Vi know that $f$ is continuous on $[x_{i-1}, x_i]$. The way we have constructed the interval assures us that $|f(x_{i-1}) - f(x)| < \epsilon$ where $x \in [x_{i-1}, x_i] $ When we then take the linear segment between the two end points $x_{i-1}, x_i$ to get our polygon function, it then has to be the case that $|f(x) - g(x)| < \epsilon$. 
This is an illustration of what i am trying to formalise. I know it is a bit sloopy in the end, thus I am looking for some tips?

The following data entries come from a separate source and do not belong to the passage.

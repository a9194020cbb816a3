-- ===== src/Base/Maps.antt =====
-- A map as an association list (`HashMap`, `BTreeMap` where the order of keys is not read).
use mathlib.Core.Path.{◌≡◌, refl}
use mathlib.Core.List.{List, [], ◌∷◌}
use mathlib.Core.Option.{Option, none, some}
use native.Mathlib.Omega.{arith}
use flowplane.Base.Tests.{Bool-cases, if◌then◌else◌}
use flowplane.Base.Lists.{All, retain}
use mathlib.Core.Bool.{Bool}
use mathlib.Core.Path.{ap, subst}
use mathlib.Core.Logic.{◌≢◌, inl, inr}
use flowplane.Base.Equality.{Eq, ◌==◌}

abbrev pub Dict {ℓ κ} : Type ℓ → Type κ → Type (ℓ ⊔ κ)
Dict K V = List (K × V)

module _ {ℓ κ} {K : Type ℓ} {V : Type κ} ⦃e : Eq K⦄ where
  unfoldable pub lookup : K → Dict K V → Option V
  lookup key [] = none
  lookup key ((this, value) ∷ rest) = if this == key then some value else lookup key rest

  -- `insert` replaces the value of a key that is there.
  unfoldable pub insert : K → V → Dict K V → Dict K V
  insert key value [] = (key, value) ∷ []
  insert key value ((this, old) ∷ rest) =
      if this == key then (key, value) ∷ rest else (this, old) ∷ insert key value rest

  pub lookup-insert :
      (key asked : K) (value : V) (dict : Dict K V)
      → lookup asked (insert key value dict)
        ≡ (if key == asked then some value else lookup asked dict)
  unfolding lookup insert
  lookup-insert key asked value [] = refl
  lookup-insert key asked value ((this, old) ∷ rest) = ground (
    arith,
    e.eq_iff this key,
    e.eq_iff this asked,
    e.eq_iff key asked,
    lookup-insert key asked value rest,
  )

  pub All-insert {μ} :
      (P : K × V → Type μ) (k : K) (v : V) (m : Dict K V)
      → P (k, v)
      → All P m
      → All P (insert k v m)
  unfolding insert
  All-insert P k v [] p h = (p, tt)
  All-insert P k v ((j, w) ∷ m) p (h, hs) = elim (Bool-cases (j == k)) [
    | inl same ↦ rw same (p, hs)
    | inr other ↦ rw other (h, All-insert P k v m p hs)
  ]

  pub All-lookup {μ} :
      (P : K × V → Type μ) (k : K) (m : Dict K V) {v : V} → All P m → lookup k m ≡ some v → P (k, v)
  unfolding lookup
  All-lookup P k [] h found = cc
  All-lookup P k ((j, w) ∷ m) (h, hs) found = elim (Bool-cases (j == k)) [
    | inl same ↦ subst P (ground (arith, e.eq_iff j k)) h
    | inr other ↦ All-lookup P k m hs (ground arith)
  ]

  pub lookup-insert_self : (k : K) (v : V) (m : Dict K V) → lookup k (insert k v m) ≡ some v
  lookup-insert_self k v m = rw (lookup-insert k k v m, (e.eq_iff k k).1 refl)

  pub lookup-insert_ne :
      (k j : K) (v : V) (m : Dict K V) → k ≢ j → lookup j (insert k v m) ≡ lookup j m
  lookup-insert_ne k j v m ne = ground (arith, lookup-insert k j v m, e.eq_iff k j)

  -- No key is held twice.
  abbrev pub IsKeyed : Dict K V → Type (ℓ ⊔ κ)
  IsKeyed [] = Unit
  IsKeyed ((k, v) ∷ m) = (lookup k m ≡ none) × IsKeyed m

  pub insert-IsKeyed : (k : K) (v : V) (m : Dict K V) → IsKeyed m → IsKeyed (insert k v m)
  unfolding insert lookup
  insert-IsKeyed k v [] h = (refl, tt)
  insert-IsKeyed k v ((j, w) ∷ m) (h, hs) = elim (Bool-cases (j == k)) [
    | inl same ↦ rw same (ground (arith, h, e.eq_iff j k), hs)
    | inr other ↦ rw other (
      ground (arith, h, lookup-insert k j v m, e.eq_iff j k, e.eq_iff k j),
      insert-IsKeyed k v m hs,
    )
  ]

  module _ (p : K × V → Bool) where
    lookup-retain-none : (k : K) (m : Dict K V) → lookup k m ≡ none → lookup k (retain p m) ≡ none
    unfolding lookup
    lookup-retain-none k [] h = refl
    lookup-retain-none k ((j, w) ∷ m) h = ground (arith, lookup-retain-none k m)

    pub retain-IsKeyed : (m : Dict K V) → IsKeyed m → IsKeyed (retain p m)
    retain-IsKeyed [] h = tt
    retain-IsKeyed ((j, w) ∷ m) (h, hs) = elim (Bool-cases (p (j, w))) [
      | inl keep ↦ rw keep (lookup-retain-none j m h, retain-IsKeyed m hs)
      | inr gone ↦ rw gone (retain-IsKeyed m hs)
    ]

    -- What is kept of the entry of a key.
    abbrev pub kept : K → Option V → Option V
    kept k none = none
    kept k (some v) = if p (k, v) then some v else none

    pub lookup-retain :
        (k : K) (m : Dict K V) → IsKeyed m → lookup k (retain p m) ≡ kept k (lookup k m)
    unfolding lookup
    lookup-retain k [] h = refl
    lookup-retain k ((j, w) ∷ m) (h, hs) = elim (Bool-cases (j == k)) [
      | inl same ↦
          let eq : j ≡ k = (e.eq_iff j k).0 same in
          elim (Bool-cases (p (j, w))) [
            | inl keep ↦ rw (keep, same) (ground (arith, ap (λ i. p (i, w)) eq))
            | inr gone ↦
                rw (gone, same)
                  (ground (
                    arith,
                    ap (λ i. p (i, w)) eq,
                    lookup-retain-none k m (subst (λ i. lookup i m ≡ none) eq h),
                  ))
          ]
      | inr other ↦ elim (Bool-cases (p (j, w))) [
        | inl keep ↦ rw (keep, other) (lookup-retain k m hs)
        | inr gone ↦ rw (gone, other) (lookup-retain k m hs)
      ]
    ]
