-- ===== src/Base/Patterns.antt =====
-- What Rust's `str` and `char` methods find in a text: classes of characters, prefixes, pieces.
use Prim.Native.Nat.{ℕ, ◌+◌}
use mathlib.Core.Bool.{Bool, true, false, ◌&&◌, ◌||◌}
use mathlib.Core.List.{List, [], ◌∷◌, map}
use mathlib.Core.Option.{Option, none, some}
use flowplane.Base.Tests.{leb, nat_eq, if◌then◌else◌}
use flowplane.Base.Lists.{any, all, length}
use flowplane.Base.Chars.{Text, as_bytes}

-- `char::is_whitespace`, and `trim().is_empty()`.
abbrev pub is_whitespace : ℕ → Bool
is_whitespace c =
    leb 9 c && leb c 13
    || nat_eq c 0x20
    || nat_eq c 0x85
    || nat_eq c 0xa0
    || nat_eq c 0x1680
    || leb 0x2000 c && leb c 0x200a
    || nat_eq c 0x2028
    || nat_eq c 0x2029
    || nat_eq c 0x202f
    || nat_eq c 0x205f
    || nat_eq c 0x3000

abbrev pub is_blank : Text → Bool
is_blank s = all is_whitespace s

abbrev pub is_ascii_digit : ℕ → Bool
is_ascii_digit c = leb 48 c && leb c 57

abbrev pub is_ascii_uppercase : ℕ → Bool
is_ascii_uppercase c = leb 65 c && leb c 90

abbrev pub is_ascii_alphanumeric : ℕ → Bool
is_ascii_alphanumeric c = is_ascii_digit c || is_ascii_uppercase c || leb 97 c && leb c 122

abbrev pub ascii_lower : ℕ → ℕ
ascii_lower c = if is_ascii_uppercase c then c + 32 else c

unfoldable pub to_ascii_lowercase : Text → Text
to_ascii_lowercase s = map ascii_lower s

-- `str::len`: the bytes of the UTF-8 encoding.
unfoldable pub len : Text → ℕ
unfolding as_bytes
len s = length (as_bytes s)

-- `str::contains` of one character, and of a text.
unfoldable pub contains_char : ℕ → Text → Bool
contains_char c s = any (λ d. nat_eq d c) s

unfoldable pub starts_with : Text → Text → Bool
starts_with s [] = true
starts_with [] (c ∷ prefix) = false
starts_with (d ∷ s) (c ∷ prefix) = nat_eq d c && starts_with s prefix

unfoldable pub contains_text : Text → Text → Bool
unfolding starts_with
contains_text s [] = true
contains_text [] (c ∷ piece) = false
contains_text (d ∷ s) (c ∷ piece) = starts_with (d ∷ s) (c ∷ piece) || contains_text s (c ∷ piece)

unfoldable pub strip_prefix : Text → Text → Option Text
strip_prefix s [] = some s
strip_prefix [] (c ∷ prefix) = none
strip_prefix (d ∷ s) (c ∷ prefix) = if nat_eq d c then strip_prefix s prefix else none

abbrev pub ends_with_char : ℕ → Text → Bool
ends_with_char c [] = false
ends_with_char c (d ∷ []) = nat_eq d c
ends_with_char c (d ∷ e ∷ s) = ends_with_char c (e ∷ s)

abbrev first_piece : ℕ → List Text → List Text
first_piece c [] = (c ∷ []) ∷ []
first_piece c (piece ∷ pieces) = (c ∷ piece) ∷ pieces

-- `str::split` at a character: one piece more than there are separators.
unfoldable pub split : ℕ → Text → List Text
split sep [] = [] ∷ []
split sep (c ∷ s) =
    let pieces = split sep s in if nat_eq c sep then [] ∷ pieces else first_piece c pieces

abbrev before : ℕ → Option (Text × Text) → Option (Text × Text)
before c none = none
before c (some (front, back)) = some (c ∷ front, back)

abbrev split_after : ℕ → Text → Option Text → Option (Text × Text) → Option (Text × Text)
split_after c s (some back) later = some ([], back)
split_after c s none later = before c later

-- `str::split_once` at a text: at its first place.
unfoldable pub split_once : Text → Text → Option (Text × Text)
unfolding strip_prefix
split_once sep [] = elim (strip_prefix [] sep) [ none ↦ none | some back ↦ some ([], back) ]
split_once sep (c ∷ s) = split_after c s (strip_prefix (c ∷ s) sep) (split_once sep s)

-- `trim_end_matches` of one character.
unfoldable pub trim_end : ℕ → Text → Text
trim_end c [] = []
trim_end c (d ∷ s) = elim (trim_end c s) [
  | [] ↦ if nat_eq d c then [] else d ∷ []
  | e ∷ rest ↦ d ∷ e ∷ rest
]

-- `str::trim`.
unfoldable pub trim_start : Text → Text
trim_start [] = []
trim_start (c ∷ s) = let rest = trim_start s in if is_whitespace c then rest else c ∷ s

unfoldable pub trim_tail : Text → Text
trim_tail [] = []
trim_tail (c ∷ s) = elim (trim_tail s) [
  | [] ↦ if is_whitespace c then [] else c ∷ []
  | d ∷ rest ↦ c ∷ d ∷ rest
]

unfoldable pub trim : Text → Text
unfolding trim_start trim_tail
trim s = trim_tail (trim_start s)
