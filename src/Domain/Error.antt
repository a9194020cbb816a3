-- ===== src/Domain/Error.antt =====
-- The error taxonomy (crates/fp-domain/src/error.rs). A validation message with interpolated values
-- keeps its format string. Structured details are a list of fields.
use Prim.Native.Nat.{ℕ}
use Prim.Native.String.{String}
use flowplane.Base.{◌≡◌, refl, Bool, true, false, List, Option, none, some, arith}

pub data ErrorCode : Type 0 where
  validation_failed org_selector_required unauthorized forbidden not_found conflict : ErrorCode
  revision_mismatch quota_exceeded rate_limited payload_too_large invalid_config : ErrorCode
  unavailable internal : ErrorCode

-- `is_retryable`.
unfoldable pub is_retryable : ErrorCode → Bool
is_retryable rate_limited = true
is_retryable unavailable = true
is_retryable _ = false

pub record DomainError : Type 0 where
  pub code : ErrorCode
  pub message : String
  pub hint : Option String
  pub details : Option (List (String × String))
  pub retry_after_seconds : Option ℕ

-- `DomainError::new`, and `validation` and `internal`, which fix the code.
abbrev pub new : ErrorCode → String → DomainError
new code message = record {
  code = code;
  message = message;
  hint = none;
  details = none;
  retry_after_seconds = none;
}

abbrev pub validation : String → DomainError
validation message = new validation_failed message

abbrev pub internal_error : String → DomainError
internal_error message = new internal message

abbrev pub with_hint : DomainError → String → DomainError
with_hint e hint = record e { hint = some hint }

abbrev pub with_details : DomainError → List (String × String) → DomainError
with_details e details = record e { details = some details }

abbrev pub with_retry_after : DomainError → ℕ → DomainError
with_retry_after e seconds = record e { retry_after_seconds = some seconds }

-- `DomainResult`.
pub data DomainResult {ℓ} (A : Type ℓ) : Type ℓ where
  ok : A → DomainResult A
  err : DomainError → DomainResult A

infixl 5 ◌>>=◌ ◌>>◌
abbrev pub ◌>>=◌ {ℓ κ} :
    {A : Type ℓ} {B : Type κ} → DomainResult A → (A → DomainResult B) → DomainResult B
ok a >>= f = f a
err e >>= f = err e

abbrev pub ◌>>◌ {ℓ} : {B : Type ℓ} → DomainResult (Unit {0}) → DomainResult B → DomainResult B
m >> k = m >>= λ _. k

-- `if reject { return Err(e) }`.
abbrev pub reject_if : Bool → DomainError → DomainResult (Unit {0})
reject_if true e = err e
reject_if false e = ok tt

-- `ok_or_else` with the error already built.
abbrev pub ok_or {ℓ} : {A : Type ℓ} → Option A → DomainError → DomainResult A
ok_or none e = err e
ok_or (some a) e = ok a

abbrev pub is_ok {ℓ} : {A : Type ℓ} → DomainResult A → Bool
is_ok (ok a) = true
is_ok (err e) = false

-- A sequence of checks succeeds only if each of them does.
pub >>-eq-ok : (m k : DomainResult (Unit {0})) → (m >> k) ≡ ok tt → (m ≡ ok tt) × (k ≡ ok tt)
>>-eq-ok (ok tt) k h = (refl, h)
>>-eq-ok (err e) k h = cc

pub reject_if-eq-ok : (b : Bool) (e : DomainError) → reject_if b e ≡ ok tt → b ≡ false
reject_if-eq-ok b e h = ground arith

(In the following answer, I'll make use of the fact that all closed-and-bounded subsets of $\mathbb R$ have least elements.)
Most of the construction you have done is valid (in the sense that it makes sense/ can be justified).
By the extreme value theorem, there will be a minimum and maximum ($C$ and $D$) of $f$ attained in $[a,b]$.
The partition of $[C,D]$ has a slight issue, in that you require the difference between consecutive $y_i$s to be exactly equal to $\epsilon$. This can result in the partition being 'uneven' - for instance, try partitioning $[0,1]$ into segments of length $0.6$. But, if all you care about is being able to make $\epsilon$ arbitrarily small instead of equal to any positive real, you can remedy this by supposing $\epsilon$ is always of the form $\frac{D-C}{n}$ for $n\in \mathbb Z^+$.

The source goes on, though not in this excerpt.